By Snuggle Squiggle, author of Endless Stars

Feb 2, 2019: Advent is a short and well-honed story. It’s a realistic work, written in first-person and influenced by diary fiction without leaning too heavily into the form. There are roughly twenty five chapters of several hundred words each, and for each there’s a footnote or three which are shorter.

The prose of Advent tastefully mimes a child — simple and declarative, almost suggesting stream-of-consciousness with its lack of commas or advanced constructions. Sometimes you’ll see the voice seem to grope around to describe something Luke doesn’t have the word for — “metal that’s so hot it’s liquid” instead of “molten”, for instance. It’s charming and never breaks your immersion with exaggeration or excessiveness. Aside from the flavor, the prose flows and renders masterfully. Once or twice it is marred by a typo, but chances are you wouldn’t notice.

Advent does not try to give exhaustive descriptions, or transcribe every encounter. It strives more to render vividly with details and impressions instead of the sort of immersive realism more common in web serials. While this robs the story of a certain kind of viscerality, the reader remains present in Luke’s mental landscape, and that is all what the story wants and needs.

Meanwhile, the characters of Advent are solid or even good. Luke is a study in complexities, cynical and troubled yet still childish. While I was engrossed in his perspective, it never felt like identifying. His perspective color all impressions of other characters, yet even the ones he does not care for still have suggestions of depth shine through. It’s clear that Luke and his mother are the focal points here, and their characterization is at times tangible. The other characters complement them decently enough.

The plot of Advent is perhaps its least exceptional aspect. It is straightforward to both a fault and a virtue. You wouldn’t be quite surprised at how it ultimately turns out, and yet the uncertainty and tension runs taut through it. And once it reaches its final cadences, it wouldn’t be unreasonable to tear up.

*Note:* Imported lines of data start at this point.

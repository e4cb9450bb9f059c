-- ===== src/BlockState/Changes.antt =====
-- How the facts of node/src/node/block_state/state.rs change, one setter at a time.
use ackinacki.Common.Assoc.{get, get-insert}
use ackinacki.Common.{
  pair_eq, contains-set_insert, set_insert, ◌^◌, ◌%◌, ◌+◌, ◌||◌, some, ◌==◌, nat_eq, ◌&&◌, arith,
  not, contains, if◌then◌else◌, false, true, [], ◌≡◌, ◌∷◌, List,
}
use ackinacki.BlockState.{
  or_empty, try_add_attestations_interest, set_applied, add_child, add_verified_attestations_for,
  notify_changed, is_set, set_stored, known_children_of, verified_attestations_for, set_invalidated,
  can_be_finalized, AckiNackiBlockState, set_finalized,
}
use ackinacki.Types.{
  target_eq, ThreadIdentifier, SignerIndex, NodeIdentifier, AttestationTargetType, BlockIdentifier,
}
use ackinacki.Common.{refl}

-- The setters that are modelled, with their arguments.
pub data Change : Type 0 where
  finalized invalidated stored applied : Change
  attestations : BlockIdentifier → AttestationTargetType → List SignerIndex → Change
  interest : NodeIdentifier → Change
  child : ThreadIdentifier → BlockIdentifier → Change

pub make : Change → AckiNackiBlockState → AckiNackiBlockState
unfolding set_finalized set_invalidated set_stored set_applied add_verified_attestations_for
    try_add_attestations_interest add_child notify_changed
make finalized s = set_finalized s
make invalidated s = set_invalidated s
make stored s = set_stored s
make applied s = set_applied s
make (attestations b t signers) s = add_verified_attestations_for s b t signers
make (interest n) s = (try_add_attestations_interest s n).0
make (child t b) s = add_child s t b

pub make_all : List Change → AckiNackiBlockState → AckiNackiBlockState
make_all [] s = s
make_all (c ∷ cs) s = make_all cs (make c s)

invalidated-make :
    (c : Change) (s : AckiNackiBlockState)
    → is_set s.invalidated ≡ true
    → is_set (make c s).invalidated ≡ true
unfolding make
invalidated-make finalized s h = h
invalidated-make invalidated s h = ground arith
invalidated-make stored s h = ground arith
invalidated-make applied s h = ground arith
invalidated-make (attestations b t signers) s h = ground arith
invalidated-make (interest n) s h = ground arith
invalidated-make (child t b) s h = ground arith

pub cannot_be_finalized :
    (s : AckiNackiBlockState) → is_set s.invalidated ≡ true → can_be_finalized s ≡ false
unfolding can_be_finalized
cannot_be_finalized s h = ground arith

invalidated-make_all :
    (cs : List Change) (s : AckiNackiBlockState)
    → is_set s.invalidated ≡ true
    → is_set (make_all cs s).invalidated ≡ true
unfolding make_all
invalidated-make_all [] s h = h
invalidated-make_all (c ∷ cs) s h = invalidated-make_all cs (make c s) (invalidated-make c s h)

-- Once a block is invalidated it can not be finalized, whatever setters run afterwards.
pub can_be_finalized-set_invalidated :
    (cs : List Change) (s : AckiNackiBlockState)
    → can_be_finalized (make_all cs (set_invalidated s)) ≡ false
unfolding set_invalidated notify_changed
can_be_finalized-set_invalidated cs s =
    cannot_be_finalized _ (invalidated-make_all cs (set_invalidated s) refl)

-- The signers recorded for a block and a target are those added last for that very pair, once the
-- block's signatures are verified, and nothing is known before.
pub verified_attestations_for-add :
    (s : AckiNackiBlockState) (b b' : BlockIdentifier) (t t' : AttestationTargetType)
    (signers : List SignerIndex)
    → verified_attestations_for (add_verified_attestations_for s b t signers) b' t' ≡ (
        if is_set s.signatures_verified && b == b' && t == t'
        then some signers
        else verified_attestations_for s b' t')
unfolding verified_attestations_for add_verified_attestations_for notify_changed
verified_attestations_for-add s b b' t t' signers =
    ground (arith, get-insert (b, t) (b', t') signers s.verified_attestations)

-- A child is a known child of its thread after it was added, no other child of any thread is gained
-- or lost, and the version of the state moves exactly when the child is new.
pub known_children_of-add_child :
    (s : AckiNackiBlockState) (t t' : ThreadIdentifier) (c c' : BlockIdentifier)
    → (contains c' (or_empty (known_children_of (add_child s t c) t'))
        ≡ (((t == t') && (c == c')) || contains c' (or_empty (known_children_of s t'))))
      × ((add_child s t c).object_state_version ≡ (
          if contains c (or_empty (known_children_of s t))
          then s.object_state_version
          else (s.object_state_version + 1) % 2 ^ 64))
unfolding known_children_of add_child notify_changed
known_children_of-add_child s t t' c c' = ground (
  arith,
  get-insert t t' (set_insert c (or_empty (get t s.known_children))) s.known_children,
  contains-set_insert c c' (or_empty (get t s.known_children)),
)

interested-make :
    (n : NodeIdentifier) (c : Change) (s : AckiNackiBlockState)
    → contains n s.known_attestation_interested_parties ≡ true
    → contains n (make c s).known_attestation_interested_parties ≡ true
unfolding make
interested-make n finalized s h = h
interested-make n invalidated s h = h
interested-make n stored s h = ground arith
interested-make n applied s h = ground arith
interested-make n (attestations b t signers) s h = ground arith
interested-make n (interest m) s h =
    ground (arith, contains-set_insert m n s.known_attestation_interested_parties)
interested-make n (child t b) s h = ground arith

interested-make_all :
    (n : NodeIdentifier) (cs : List Change) (s : AckiNackiBlockState)
    → contains n s.known_attestation_interested_parties ≡ true
    → contains n (make_all cs s).known_attestation_interested_parties ≡ true
unfolding make_all
interested-make_all n [] s h = h
interested-make_all n (c ∷ cs) s h = interested-make_all n cs (make c s) (interested-make n c s h)

try_add-known :
    (s : AckiNackiBlockState) (n : NodeIdentifier)
    → contains n s.known_attestation_interested_parties ≡ true
    → try_add_attestations_interest s n ≡ (s, false)
unfolding try_add_attestations_interest
try_add-known s n h = ground arith

try_add-first :
    (s : AckiNackiBlockState) (n : NodeIdentifier)
    → let (next, added) = try_add_attestations_interest s n in
      (added ≡ not (contains n s.known_attestation_interested_parties))
      × (contains n next.known_attestation_interested_parties ≡ true)
unfolding try_add_attestations_interest notify_changed
try_add-first s n = ground (arith, contains-set_insert n n s.known_attestation_interested_parties)

-- A party's interest is taken once: a call for it answers true exactly when the party is not known
-- yet, and any later call, whatever setters run in between, answers false and changes nothing.
pub try_add_attestations_interest-once :
    (s : AckiNackiBlockState) (n : NodeIdentifier) (cs : List Change)
    → let (next, added) = try_add_attestations_interest s n in
      let later = make_all cs next in
      (added ≡ not (contains n s.known_attestation_interested_parties))
      × (try_add_attestations_interest later n ≡ (later, false))
try_add_attestations_interest-once s n cs =
    let (first, known) = try_add-first s n in
    (first, try_add-known _ n (interested-make_all n cs _ known))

When it all comes together into a story, the result is a resonating and memorable piece of web fiction. It does not truly grip you — it doesn’t make you stay but doesn’t give you reason to leave. This is not a story that satisfies viscerally. But on an abstract level, I find it fulfilling.

The ending is not poignant, but I cannot decide if it’s a fault. It’s simple, wistful, and feels kind of fittingly empty. It is not a great ending. But I don’t know if this story could — or should — have had a great ending.

Due to its length and realism, I feel confident recommending this story to just about everyone.

Brevity isn’t a common sight in web fiction. Telling a straightforward story with a only couple characters is no less impressive when it works, and for Advent, it works quite well.